→ Task instructions: Every line in the records below between the one holding "if leb (rs q).lo" and the one holding "let (t, before)", inclusive, is to be set down exactly; all other lines are to be left out.

→ Given data:
○ ○ ○ ○

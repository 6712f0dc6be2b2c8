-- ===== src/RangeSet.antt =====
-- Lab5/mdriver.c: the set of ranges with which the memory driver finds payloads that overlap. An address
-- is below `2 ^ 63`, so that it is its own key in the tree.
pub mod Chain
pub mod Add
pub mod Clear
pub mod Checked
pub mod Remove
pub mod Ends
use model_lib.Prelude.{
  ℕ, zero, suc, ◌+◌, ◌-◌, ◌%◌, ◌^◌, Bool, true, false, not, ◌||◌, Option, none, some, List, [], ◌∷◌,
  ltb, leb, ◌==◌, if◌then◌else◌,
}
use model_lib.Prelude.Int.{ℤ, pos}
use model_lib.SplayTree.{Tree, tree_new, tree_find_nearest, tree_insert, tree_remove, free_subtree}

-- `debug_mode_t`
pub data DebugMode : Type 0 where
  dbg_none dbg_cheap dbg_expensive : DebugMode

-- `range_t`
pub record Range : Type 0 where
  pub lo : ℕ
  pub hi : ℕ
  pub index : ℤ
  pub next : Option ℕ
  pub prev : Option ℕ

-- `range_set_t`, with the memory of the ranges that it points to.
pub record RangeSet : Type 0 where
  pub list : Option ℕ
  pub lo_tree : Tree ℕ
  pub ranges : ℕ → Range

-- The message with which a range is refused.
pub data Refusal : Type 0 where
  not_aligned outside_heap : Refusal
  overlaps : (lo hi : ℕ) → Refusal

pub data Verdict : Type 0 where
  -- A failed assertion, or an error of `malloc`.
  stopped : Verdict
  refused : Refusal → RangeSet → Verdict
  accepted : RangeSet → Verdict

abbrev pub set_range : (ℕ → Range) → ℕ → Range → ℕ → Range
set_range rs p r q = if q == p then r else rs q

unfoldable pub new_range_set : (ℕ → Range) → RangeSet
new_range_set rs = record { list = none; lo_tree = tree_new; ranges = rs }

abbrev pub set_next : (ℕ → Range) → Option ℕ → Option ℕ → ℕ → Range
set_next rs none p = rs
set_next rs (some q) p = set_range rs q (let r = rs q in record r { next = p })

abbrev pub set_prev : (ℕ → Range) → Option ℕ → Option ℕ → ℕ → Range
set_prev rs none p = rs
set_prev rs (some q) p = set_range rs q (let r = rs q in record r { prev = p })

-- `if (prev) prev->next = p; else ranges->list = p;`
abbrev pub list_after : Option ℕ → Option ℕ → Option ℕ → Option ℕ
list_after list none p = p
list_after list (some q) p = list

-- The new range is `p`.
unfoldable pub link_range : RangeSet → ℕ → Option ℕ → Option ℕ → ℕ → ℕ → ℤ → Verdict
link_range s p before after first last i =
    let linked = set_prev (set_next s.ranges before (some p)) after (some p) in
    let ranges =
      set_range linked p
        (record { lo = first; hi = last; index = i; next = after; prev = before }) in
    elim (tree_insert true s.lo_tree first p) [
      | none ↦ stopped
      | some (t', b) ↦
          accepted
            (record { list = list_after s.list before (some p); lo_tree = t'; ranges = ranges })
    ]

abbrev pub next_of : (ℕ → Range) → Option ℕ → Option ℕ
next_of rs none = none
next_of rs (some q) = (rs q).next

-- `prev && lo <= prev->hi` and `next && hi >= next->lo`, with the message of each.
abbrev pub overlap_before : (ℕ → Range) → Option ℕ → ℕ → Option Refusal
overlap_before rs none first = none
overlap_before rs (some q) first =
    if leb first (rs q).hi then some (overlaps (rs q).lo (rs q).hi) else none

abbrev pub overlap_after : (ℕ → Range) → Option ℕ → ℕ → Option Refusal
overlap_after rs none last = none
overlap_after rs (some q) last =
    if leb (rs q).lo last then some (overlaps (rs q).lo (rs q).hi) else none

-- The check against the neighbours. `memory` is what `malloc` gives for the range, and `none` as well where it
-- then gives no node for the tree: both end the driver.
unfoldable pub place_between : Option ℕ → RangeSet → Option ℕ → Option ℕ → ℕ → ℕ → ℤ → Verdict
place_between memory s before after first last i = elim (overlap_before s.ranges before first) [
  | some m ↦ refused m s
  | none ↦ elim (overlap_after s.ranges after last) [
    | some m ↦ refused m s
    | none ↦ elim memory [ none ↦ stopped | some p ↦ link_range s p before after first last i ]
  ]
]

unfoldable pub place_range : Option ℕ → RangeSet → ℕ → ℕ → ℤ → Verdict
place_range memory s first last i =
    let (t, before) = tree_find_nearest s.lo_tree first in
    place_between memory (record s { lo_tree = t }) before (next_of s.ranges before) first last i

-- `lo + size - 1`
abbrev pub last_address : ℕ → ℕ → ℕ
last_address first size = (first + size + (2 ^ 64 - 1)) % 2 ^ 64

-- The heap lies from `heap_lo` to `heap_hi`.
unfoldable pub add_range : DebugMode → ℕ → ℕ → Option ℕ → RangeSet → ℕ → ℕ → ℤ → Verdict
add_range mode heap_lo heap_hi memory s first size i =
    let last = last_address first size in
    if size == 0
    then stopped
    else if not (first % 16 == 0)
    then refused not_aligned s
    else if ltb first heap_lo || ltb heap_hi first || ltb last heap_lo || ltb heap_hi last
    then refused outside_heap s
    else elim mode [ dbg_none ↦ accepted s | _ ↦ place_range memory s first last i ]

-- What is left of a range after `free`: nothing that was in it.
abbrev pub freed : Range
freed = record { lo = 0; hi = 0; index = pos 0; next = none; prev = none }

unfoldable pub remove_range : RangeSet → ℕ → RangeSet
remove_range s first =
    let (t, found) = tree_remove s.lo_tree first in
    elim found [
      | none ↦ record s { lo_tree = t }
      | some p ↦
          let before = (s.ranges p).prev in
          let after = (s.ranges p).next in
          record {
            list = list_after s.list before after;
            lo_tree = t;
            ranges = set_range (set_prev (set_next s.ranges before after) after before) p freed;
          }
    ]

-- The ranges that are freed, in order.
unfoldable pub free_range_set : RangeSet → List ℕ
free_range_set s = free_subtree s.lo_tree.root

○ ○ ○ ○

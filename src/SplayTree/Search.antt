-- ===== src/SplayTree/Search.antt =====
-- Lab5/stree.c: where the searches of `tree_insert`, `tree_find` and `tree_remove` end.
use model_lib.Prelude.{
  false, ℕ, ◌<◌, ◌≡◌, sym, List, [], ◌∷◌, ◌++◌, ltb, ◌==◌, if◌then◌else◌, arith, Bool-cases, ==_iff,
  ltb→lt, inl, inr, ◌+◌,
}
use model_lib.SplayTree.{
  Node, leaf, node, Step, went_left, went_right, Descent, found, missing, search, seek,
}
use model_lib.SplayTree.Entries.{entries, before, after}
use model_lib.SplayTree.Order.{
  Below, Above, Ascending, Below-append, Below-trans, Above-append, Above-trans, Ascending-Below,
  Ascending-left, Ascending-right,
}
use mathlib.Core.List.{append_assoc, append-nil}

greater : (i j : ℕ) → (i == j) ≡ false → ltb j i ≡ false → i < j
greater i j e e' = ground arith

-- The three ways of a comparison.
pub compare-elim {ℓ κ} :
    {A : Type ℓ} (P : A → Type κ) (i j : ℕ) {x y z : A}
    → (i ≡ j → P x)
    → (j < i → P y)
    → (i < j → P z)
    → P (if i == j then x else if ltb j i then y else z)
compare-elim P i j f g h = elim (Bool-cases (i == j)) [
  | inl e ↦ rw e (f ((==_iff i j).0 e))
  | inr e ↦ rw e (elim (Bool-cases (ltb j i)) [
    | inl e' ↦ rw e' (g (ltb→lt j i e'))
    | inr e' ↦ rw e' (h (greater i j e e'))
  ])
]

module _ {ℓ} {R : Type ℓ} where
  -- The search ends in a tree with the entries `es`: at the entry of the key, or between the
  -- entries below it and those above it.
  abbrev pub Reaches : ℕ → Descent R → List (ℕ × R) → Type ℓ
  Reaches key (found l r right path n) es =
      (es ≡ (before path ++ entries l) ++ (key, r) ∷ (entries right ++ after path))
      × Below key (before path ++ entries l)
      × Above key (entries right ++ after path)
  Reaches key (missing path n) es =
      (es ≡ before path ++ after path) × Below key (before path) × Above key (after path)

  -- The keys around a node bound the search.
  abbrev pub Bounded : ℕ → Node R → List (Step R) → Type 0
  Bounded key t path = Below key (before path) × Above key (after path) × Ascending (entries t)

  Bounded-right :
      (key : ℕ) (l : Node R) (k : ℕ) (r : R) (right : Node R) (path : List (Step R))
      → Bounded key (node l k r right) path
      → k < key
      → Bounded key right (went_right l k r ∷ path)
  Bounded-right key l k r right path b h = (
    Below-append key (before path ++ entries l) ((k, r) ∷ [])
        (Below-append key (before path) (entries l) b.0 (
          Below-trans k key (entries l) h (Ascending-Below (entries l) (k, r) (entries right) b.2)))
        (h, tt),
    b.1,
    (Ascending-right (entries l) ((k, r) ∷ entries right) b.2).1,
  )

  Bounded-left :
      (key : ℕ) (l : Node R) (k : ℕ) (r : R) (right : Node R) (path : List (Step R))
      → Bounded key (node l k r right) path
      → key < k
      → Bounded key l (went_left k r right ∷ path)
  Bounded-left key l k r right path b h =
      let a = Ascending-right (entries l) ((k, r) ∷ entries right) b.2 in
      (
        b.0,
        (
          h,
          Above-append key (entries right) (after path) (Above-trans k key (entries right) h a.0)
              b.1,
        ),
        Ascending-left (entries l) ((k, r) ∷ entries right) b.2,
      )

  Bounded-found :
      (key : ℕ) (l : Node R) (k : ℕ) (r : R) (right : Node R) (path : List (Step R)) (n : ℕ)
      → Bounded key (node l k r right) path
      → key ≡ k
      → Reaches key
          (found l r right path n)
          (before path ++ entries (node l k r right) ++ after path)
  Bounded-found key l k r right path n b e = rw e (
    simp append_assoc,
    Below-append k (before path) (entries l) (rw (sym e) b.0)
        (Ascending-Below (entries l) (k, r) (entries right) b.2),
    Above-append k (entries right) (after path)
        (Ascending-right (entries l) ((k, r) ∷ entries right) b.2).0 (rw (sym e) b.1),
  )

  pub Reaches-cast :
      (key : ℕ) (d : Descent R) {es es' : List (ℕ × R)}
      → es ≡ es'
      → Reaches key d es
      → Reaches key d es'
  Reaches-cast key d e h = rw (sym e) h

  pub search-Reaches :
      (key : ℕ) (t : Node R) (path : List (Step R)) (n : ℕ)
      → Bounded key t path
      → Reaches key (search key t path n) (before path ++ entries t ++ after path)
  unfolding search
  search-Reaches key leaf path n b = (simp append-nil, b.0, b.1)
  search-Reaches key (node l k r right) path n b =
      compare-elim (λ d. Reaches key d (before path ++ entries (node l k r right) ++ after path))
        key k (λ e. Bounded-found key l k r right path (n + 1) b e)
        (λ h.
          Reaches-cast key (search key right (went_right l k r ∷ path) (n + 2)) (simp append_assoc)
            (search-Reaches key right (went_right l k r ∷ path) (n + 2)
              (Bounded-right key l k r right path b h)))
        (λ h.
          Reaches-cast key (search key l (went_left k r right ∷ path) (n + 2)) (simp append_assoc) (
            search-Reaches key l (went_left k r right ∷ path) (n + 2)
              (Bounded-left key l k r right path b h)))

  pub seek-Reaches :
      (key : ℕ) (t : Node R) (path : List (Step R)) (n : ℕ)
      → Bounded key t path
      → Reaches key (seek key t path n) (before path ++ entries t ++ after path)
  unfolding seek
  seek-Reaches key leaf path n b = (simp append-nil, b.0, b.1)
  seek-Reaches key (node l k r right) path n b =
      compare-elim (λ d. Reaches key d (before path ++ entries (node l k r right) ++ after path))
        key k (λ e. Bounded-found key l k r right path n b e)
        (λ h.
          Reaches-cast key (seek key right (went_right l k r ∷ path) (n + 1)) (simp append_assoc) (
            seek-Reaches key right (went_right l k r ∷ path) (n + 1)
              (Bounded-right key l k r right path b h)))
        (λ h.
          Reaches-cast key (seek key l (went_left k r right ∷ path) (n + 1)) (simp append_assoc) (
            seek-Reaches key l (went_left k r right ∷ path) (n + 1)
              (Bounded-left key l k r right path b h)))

○ ○ ○ ○

→ Your solution:
    if leb (rs q).lo last then some (overlaps (rs q).lo (rs q).hi) else none

-- The check against the neighbours. `memory` is what `malloc` gives for the range, and `none` as well where it
-- then gives no node for the tree: both end the driver.
unfoldable pub place_between : Option ℕ → RangeSet → Option ℕ → Option ℕ → ℕ → ℕ → ℤ → Verdict
place_between memory s before after first last i = elim (overlap_before s.ranges before first) [
  | some m ↦ refused m s
  | none ↦ elim (overlap_after s.ranges after last) [
    | some m ↦ refused m s
    | none ↦ elim memory [ none ↦ stopped | some p ↦ link_range s p before after first last i ]
  ]
]

unfoldable pub place_range : Option ℕ → RangeSet → ℕ → ℕ → ℤ → Verdict
place_range memory s first last i =
    let (t, before) = tree_find_nearest s.lo_tree first in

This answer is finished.